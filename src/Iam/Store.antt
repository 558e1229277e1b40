-- ===== src/Iam/Store.antt =====
-- The runtime of the identity service as explicit state: the tables, the clock, the generators of
-- identifiers and secrets, and the driver. An action takes the state and returns a value or an
-- error, each with the state after it, since what was written before an error stays written.
-- ent's client and the SQL driver are not code of the repository: an action below does to the rows
-- what ent documents for the builder of its name, and any statement may fail, as the script of
-- driver faults says.
pub mod Laws
pub mod Keeps
pub mod Gains
pub mod Quiet
pub mod Clean
pub mod Refuses
use servora_platform.Common.{
  ℕ, zero, suc, String, ◌+◌, Bool, true, false, not, ◌&&◌, List, [], ◌∷◌, ◌++◌, Option, none, some,
  select, set_where, any, length, if◌then◌else◌,
}
use servora_platform.Iam.Schema.{Db}
use servora_platform.Iam.Schema.Tables.{Table}

-- The errors by which the code branches, as `errors.Is` and `errors.As` see them. Wrapping by `%w`
-- and joining with a rollback's error keep the class.
pub data Error : Type 0 where
  driver generator validation constraint : Error
  ent_not_found not_singular : Error
  storage_not_found invalid_grant invalid_refresh_token subject_inactive token_not_found : Error
  not_ready unsupported_request client_rejected server_error panicked : Error
  invalid_request request_not_supported invalid_scope unsupported_grant : Error
  not_found already_exists mutation_miss expired : Error
  unauthenticated session_revoked user_disabled user_not_active : Error
  missing_argument inconsistent : Error
  invalid_token token_expired email_already_exists profile_etag_mismatch : Error
  user_etag_mismatch user_invalid_state session_revocation : Error
  invalid_credentials invalid_password hashing empty_email unavailable : Error

pub record World : Type 0 where
  pub db : Db
  pub time : ℕ
  -- how far the clock moves before each of its next readings
  pub delays : List ℕ
  -- the next identifiers and secrets; where none is left the generator fails
  pub ids : List String
  pub secrets : List String
  -- whether each of the next statements fails; the statements after them do not
  pub faults : List Bool

pub data Outcome (A : Type 0) : Type 0 where
  ok : A → World → Outcome A
  err : Error → World → Outcome A

abbrev pub M : Type 0 → Type 0
M A = World → Outcome A

infixl 5 ◌>>=◌ ◌>>◌
abbrev pub ◌>>=◌ : {A B : Type 0} → M A → (A → M B) → M B
◌>>=◌ act next w = elim (act w) [ ok value w' ↦ next value w' | err e w' ↦ err e w' ]

abbrev pub ◌>>◌ : {A B : Type 0} → M A → M B → M B
first >> second = first >>= λ _. second

abbrev pub pure : {A : Type 0} → A → M A
pure a w = ok a w

abbrev pub raise : {A : Type 0} → Error → M A
raise e w = err e w

-- `if err != nil` with another error in its place.
abbrev pub map_error : {A : Type 0} → (Error → Error) → M A → M A
map_error f m w = elim (m w) [ ok a w' ↦ ok a w' | err e w' ↦ err (f e) w' ]

-- The storage's answer to a missing row.
abbrev pub missing_as : Error → Error → Error
missing_as as_error ent_not_found = as_error
missing_as as_error e = e

abbrev pub is_missing : Error → Bool
is_missing ent_not_found = true
is_missing e = false

-- `if entmodel.IsNotFound(err)` with another action in its place.
abbrev pub if_missing : {A : Type 0} → M A → M A → M A
if_missing m n w = elim (m w) [
  | ok a w' ↦ ok a w'
  | err e w' ↦ if is_missing e then n w' else err e w'
]

abbrev pub when : Bool → Error → M (Unit {0})
when true e = raise e
when false e = pure tt

-- The state after an action, and its value.
abbrev pub after : {A : Type 0} → Outcome A → World
after (ok a w) = w
after (err e w) = w

-- One statement on its way to the database.
unfoldable pub statement : M (Unit {0})
statement w = elim w.faults [
  | [] ↦ ok tt w
  | true ∷ rest ↦ err driver (record w { faults = rest })
  | false ∷ rest ↦ ok tt (record w { faults = rest })
]

-- `time.Now()`.
unfoldable pub now : M ℕ
now w = elim w.delays [
  | [] ↦ ok w.time w
  | d ∷ rest ↦ ok (w.time + d) (record w { time = w.time + d; delays = rest })
]

-- `newID` and `biz.NewUserID`.
unfoldable pub new_id : M String
new_id w = elim w.ids [ [] ↦ err generator w | i ∷ rest ↦ ok i (record w { ids = rest }) ]

-- The plaintext of `biz.NewOpaqueSecret`.
unfoldable pub new_secret : M String
new_secret w = elim w.secrets [
  | [] ↦ err generator w
  | s ∷ rest ↦ ok s (record w { secrets = rest })
]

abbrev pub gets : {A : Type 0} → (Db → A) → M A
gets f w = ok (f w.db) w

abbrev pub modify : (Db → Db) → M (Unit {0})
modify f w = ok tt (record w { db = f w.db })

-- `Only` on the rows found.
unfoldable pub single : {R : Type 0} → List R → M R
single [] = raise ent_not_found
single (r ∷ []) = pure r
single (r ∷ s ∷ rs) = raise not_singular

module _ {R : Type 0} (t : Table R) where
  -- `Query().Where(p).All`.
  unfoldable pub query : (R → Bool) → M (List R)
  query p = do statement; gets (λ d. select p (t.get d))

  -- `Query().Where(p).Only`, and `Get`.
  unfoldable pub only : (R → Bool) → M R
  unfolding query
  only p = do rows ← query p; single rows

  -- `Query().Where(p).Exist`.
  unfoldable pub exists : (R → Bool) → M Bool
  exists p = do statement; gets (λ d. any p (t.get d))

  -- `Update().Where(p).Set….Save`: how many rows it wrote.
  unfoldable pub update : (R → Bool) → (R → R) → M ℕ
  update p f = do
    statement
    n ← gets (λ d. length (select p (t.get d)))
    modify (λ d. t.put d (set_where p f (t.get d)))
    pure n

  abbrev first_or_missing : List R → M R
  first_or_missing [] = raise ent_not_found
  first_or_missing (r ∷ rs) = pure r

  -- `UpdateOneID(id).Where(p).Set….Save`, where `p` tests the id too: the row written.
  unfoldable pub update_one : (R → Bool) → (R → R) → M R
  update_one p f = do
    statement
    r ← (λ w. first_or_missing (select p (t.get w.db)) w)
    modify (λ d. t.put d (set_where p f (t.get d)))
    pure (f r)

  -- `Create().Set….Save`.
  unfoldable pub insert : R → M R
  insert r = do
    when (not (t.valid r)) validation
    statement
    taken ← gets (λ d. any (t.clash r) (t.get d))
    when taken constraint
    modify (λ d. t.put d (t.get d ++ r ∷ []))
    pure r

  -- `Delete().Where(p).Exec`.
  unfoldable pub delete : (R → Bool) → M (Unit {0})
  delete p = do statement; modify (λ d. t.put d (select (λ r. not (p r)) (t.get d)))

-- `inTx` and `InTx`: the writes stand only if the body returns and the commit succeeds.
abbrev roll_back : {A : Type 0} → Db → Outcome A → Outcome A
roll_back d (ok a w) = ok a w
roll_back d (err e w) = err e (record w { db = d })

unfoldable pub in_tx : {A : Type 0} → M A → M A
in_tx m = do statement; λ w. roll_back w.db ((do a ← m; statement; pure a) w)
--------------------
> _What is being asked_
Output the lines of the records above exactly as they appear, from the line containing "unfoldable pub update : (R" through the line containing "unfoldable pub delete".

> _Exercise result_
  unfoldable pub update : (R → Bool) → (R → R) → M ℕ
  update p f = do
    statement
    n ← gets (λ d. length (select p (t.get d)))
    modify (λ d. t.put d (set_where p f (t.get d)))
    pure n

  abbrev first_or_missing : List R → M R
  first_or_missing [] = raise ent_not_found
  first_or_missing (r ∷ rs) = pure r

  -- `UpdateOneID(id).Where(p).Set….Save`, where `p` tests the id too: the row written.
  unfoldable pub update_one : (R → Bool) → (R → R) → M R
  update_one p f = do
    statement
    r ← (λ w. first_or_missing (select p (t.get w.db)) w)
    modify (λ d. t.put d (set_where p f (t.get d)))
    pure (f r)

  -- `Create().Set….Save`.
  unfoldable pub insert : R → M R
  insert r = do
    when (not (t.valid r)) validation
    statement
    taken ← gets (λ d. any (t.clash r) (t.get d))
    when taken constraint
    modify (λ d. t.put d (t.get d ++ r ∷ []))
    pure r

  -- `Delete().Where(p).Exec`.
  unfoldable pub delete : (R → Bool) → M (Unit {0})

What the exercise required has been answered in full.